First, the facts presented - the short duration of Intervenors' employment, the resulting short duration of the alleged harassment and discrimination, the absence of economic or emotional distress damages, and the potential challenges to Intervenors' credibility - all militate against the likelihood of a substantial general damages award. Punitive damages, if awarded, must meet a ratio of something less than ten to one relative to actual damages. BMW of North America, Inc. v. Gore, 517 U.S. 559, 116 S. Ct. 1589, 134 L. Ed. 2d 809 (1996).

Second, apparently all parties recognize and agree that Defendant is a very large and successful farming enterprise, not capable of credibly resisting settlement by claiming an award could not be collected. Indeed, defense counsel made it clear that Defendant had not used and had no intention of using any sort of non-collectability strategy in negotiation, acknowledging affirmatively his belief that Defendant was fully capable of satisfying even a seven figure judgment.

Third, the scope of the requested information is quite broad. Intervenors requested information as to all ofDefendant's assets, liabilities, expenses, loans, loan payments, debts, taxes, income and bank accounts during the period from 2007 to the present.

Finally, it appears that one of the counsel for Intervenors in this case is counsel for other Plaintiffs in similar actions. According to defense counsel, these other clients are seeking information about Defendant's finances and business operations.

Considering all of the foregoing, the Court is not prepared to conclude that Intervenors necessarily have shown the existence of a valid claim justifying the discovery of Defendant's financial information at this time or that the information sought is not sought for pretextual purposes. (As to this latter point, the Court does not suggest an unethical motive. As noted, information as to a Defendant's ability to satisfy a judgment can facilitate settlement negotiations. However, here there does not seem to be any real question as to Defendant's ability in that regard. Although avoidance of having to disclose confidential financial information might in and of itself be an inducement to settle, use of that inducement would have scent of impropriety about it.)


Accordingly, the Court DENIES the request for an order compelling Defendant's production of financial information at this time, but it does so without prejudice to Intervenors' right to renew the request at the time of and in connection with the trial confirmation hearing. The parties and the trial judge will be in a better position to determine at that time the propriety and timing of such discovery and still give Intervenors ample opportunity prior to trial to review and digest the information, if any is ordered disclosed.

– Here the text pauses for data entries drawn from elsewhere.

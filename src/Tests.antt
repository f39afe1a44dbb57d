-- ===== src/Tests.antt =====
-- Runs of the model on small inputs, and the theorems applied to them.
mod Samples
mod Fleets
mod Builders
mod Requests
mod Servers
mod Sessions
mod Backups
mod Permissions
mod Changes
mod Processes
mod Endings
mod Rollouts
mod Exposures
mod Warnings
mod Admissions
mod Namespaces
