-- ===== src/Tests/Samples.antt =====
-- Objects and a server to run the model on.
use gobehost_operator.Prelude.{true, String, List, [], ◌∷◌, none, some}
use gobehost_operator.Prelude.Int.{pos}
use gobehost_operator.Kube.{ObjectMeta, no_meta}
use gobehost_operator.Api.{
  running, PortSpec, GameServerSpec, GameServer, GracefulShutdownSpec, fleet_unset, GameServerFleet,
}
use gobehost_operator.Cluster.{not_found, ok, err, Api}

abbrev pub meta_named : String → ObjectMeta
meta_named name = record no_meta { name = name; namespace = "games"; generation = 2 }

abbrev pub sample_port : PortSpec
sample_port = record { name = "game"; port = pos 25565; target_port = none; protocol = "" }

abbrev pub sample_spec : GameServerSpec
sample_spec = record {
  game = record { type = "minecraft"; version = "1.21"; profile = "paper"; mode = "" };
  runtime = record {
    image = "itzg/minecraft-server";
    image_pull_policy = "";
    command = [];
    args = [];
    env = record { name = "RCON_PASSWORD"; value = "secret"; value_from = none } ∷ [];
    env_from = [];
  };
  resources = "";
  storage = record { size = pos 1024; storage_class = none; access_modes = [] };
  network = record { ports = sample_port ∷ []; service_type = ""; hostname = ""; annotations = [] };
  server = none;
  scheduling = none;
  security = none;
}

abbrev pub server_named : String → GameServer
server_named name = record {
  meta = meta_named name;
  spec = sample_spec;
  status = record {
    conditions = [];
    phase = running;
    ready = true;
    endpoint = "";
    address = "";
    ports = [];
    player_count = none;
    observed_generation = 1;
  };
}

abbrev pub sample_server : GameServer
sample_server = server_named "lobby-gs"

abbrev pub sample_fleet : GameServerFleet
sample_fleet = record {
  meta = meta_named "lobby";
  spec = record {
    replicas = pos 1;
    strategy = record { type = "" };
    graceful_shutdown = none;
    template = record { meta = no_meta; spec = sample_spec };
  };
  status = record {
    phase = fleet_unset;
    observed_generation = 0;
    ready_replicas = 0;
    conditions = [];
    current_game_server = "lobby-gs";
    updated_game_server = "";
    history = [];
  };
}

abbrev pub warning : GracefulShutdownSpec
warning = record { enabled = true; countdown_seconds = pos 3; rcon_port = pos 0 }

-- A server that lists the given GameServers, finds nothing else and stores what it is sent.
abbrev pub server_with : List GameServer → Api
server_with items = record {
  now = λ log. 7;
  get_server = λ log k. err not_found;
  get_fleet = λ log k. err not_found;
  get_backup = λ log k. err not_found;
  get_stateful_set = λ log k. err not_found;
  get_service = λ log k. err not_found;
  get_pvc = λ log k. err not_found;
  get_job = λ log k. err not_found;
  get_cron_job = λ log k. err not_found;
  get_secret = λ log k. err not_found;
  get_config_map = λ log k. err not_found;
  list_servers = λ log n l. ok items;
  list_jobs = λ log n l. ok [];
  create_server = λ log x. ok x;
  update_server = λ log x. ok x;
  patch_server = λ log x. ok x;
  delete_server = λ log x. ok tt;
  update_server_status = λ log x. ok x;
  update_fleet = λ log x. ok x;
  update_fleet_status = λ log x. ok x;
  update_backup = λ log x. ok x;
  update_backup_status = λ log x. ok x;
  apply_service = λ log x f. ok (f x);
  apply_stateful_set = λ log x f. ok x;
  apply_cron_job = λ log x f. ok (f x);
  delete_service = λ log x. ok tt;
  update_stateful_set = λ log x. ok x;
  create_cron_job = λ log x. ok x;
  create_job = λ log x. ok x;
  send_command = λ log h p w c t. ok "";
  set_controller_reference = λ owner m. some m;
  quote = λ s. s;
  marshal = λ spec. 123 ∷ 125 ∷ [];
}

To facilitate the process, The Court ORDERS further that Defendant assemble, and be prepared to present at the time of the pre-trial conference, such categories of financial information for such time periods as the parties shall hereafter agree are relevant and necessary to a determination of an amount of punitive damages to be awarded if the trial judge allows, and the jury awards, such damages. (The Court believes the scope of the current request is overly broad and goes beyond what would be necessary to educate Intervenors and the jury appropriately in determining an award. The Court is confident that the parties can come to agreement on a more reasonable scope. If they fail, they may seek direction from the Court.)